А после этого как удержаться и не съесть нежной и скользкой лапши, плавающей в наперченной подливке среди золотых кругов жира и маслянистых волокон разваренного лука? Потом палочек пять шашлыка и новый, распираемый паром чайник…
Но суровым презрением отвечают калантары на все соблазны мира. С тех пор как прозревшие надели плащи из белой шерсти — суфа и стали суфи — людьми в плащах, сердца их закрылись для вожделений и утех плоти. Что им до мирской суеты и до самого мира, если все лишь круги на воде, минутная рябь в водоеме под капризным дыханием ветра? Мир только зеркало, в котором отражается божественная сущность, как отражаются в этой зеленой воде порталы мечетей и медресе. Путь человека в миру подобен случайно мелькнувшему отражению несуществующего образа. Померещилось что-то — и нет ничего. Так родится в слепоте человек и уходит непрозревшим навсегда из этого суетного мира, который всего лишь зеркало, часто кривое и темное. «Уйди от этой видимости, прозрей для истины и ты увидишь реальность», — учил великий мистик Газали, которого аллах одарил истинным зрением. Свершилось это в пятом столетии пророческой хиджры[45]. С той поры существуют суфи — люди в плащах из белой шерсти. Аскеты и кающиеся, устремившиеся из Багдада и Басры во все города мусульманского мира.
«Суфизм состоит скорее из чувств, чем из определений, — попытается объяснить потом Газали. — Цель человека на земле только в одном: в уничтожении фана — собственного я, которое ослепляет зрение цветными иллюзиями несуществующей жизни. Только уничтожив, только вырвав из сердца фан, можно слиться с единственной реальностью и познать эту реальность, у которой даже названия нет и которую мы по немоте языка своего именуем божеством».
«Существование сотворенных вещей, — писал мудрый Ибн Теймийя, — есть не что иное, как существование творца, все исходит из божественной сущности, чтобы в конце концов в нее возвратиться».

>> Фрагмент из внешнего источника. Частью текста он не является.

-- ===== src/Index/Links.antt =====
-- index.rs: the nodes form a doubly linked list in the order of the keys, and `update_value` keeps it.
pub mod Splice
pub mod Before
pub mod After
pub mod Update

А потом святой Абд аль-Кадир аль-Гилани основал первую общину суфиев — орден кадирийя, единственным обрядом которого сделался зикр — славословие аллаху, которое следовало повторять до бесконечности вслух или мысленно, ночью и днем, в гостях и дома, в беседе и трапезе. Вот путь к божеству, дорога к прозрению, верное средство уничтожить фан. Проводником же на этом пути пусть станут четки из ста зерен, по числу имен аллаха.
Идите же, суфи, в мир и знайте, что он только зеркало бога, учите других и не забывайте, даже мысленно славословя аллаха, не забывайте, что все вы в руках наставника, «как труп в руках обмывальщика». Вы не принадлежите себе. Вы зерна четок, которые перебирает наставник. Он — носитель барака, таинственной власти, что переходит невидимо от шейха к шейху, как искра от трута к труту. Первую же искру возжег сам аллах и отдал ее основателю ордена — первому шейху, святому.
И пошли, и пошли калантары по дорогам Востока, по пыльным и знойным дорогам. Но среди всех орденов суфийских наиболее возлюбило небо орден накшбенди. Молчаливых и постигающих, всезнающих, всеведущих. Суровый орден, которому аллах через посланцев своих — святых шейхов дал право и мощь устранять всех, стоящих на пути божественной воли.
Идите же, калантары-накшбенди, живите подаянием правоверных, довольствуйтесь малым, ибо мир лишь круги на зеркальной воде. Идите же, славословьте аллаха, и вы обретете дорогу к нему. Но помните, накшбенди, что и славословя, станете держать открытыми глаза и уши. Все постигайте. Но нем пусть останется ваш язык. Только наставнику, только доверенному брату сообщите вы все, что узнаете на путях своих. И помните также всегда, как вы помните имя аллаха, что вы только трупы в руках обмывальщика, только бусины четок на шелковой нитке, связующей вас в братство. Наставник, шейх ордена, старец суфийский, великий ишан — единая в мире иллюзий реальность. Веленье его, мановение пальца… Вы все понимаете братья-накшбенди, с богом, идите.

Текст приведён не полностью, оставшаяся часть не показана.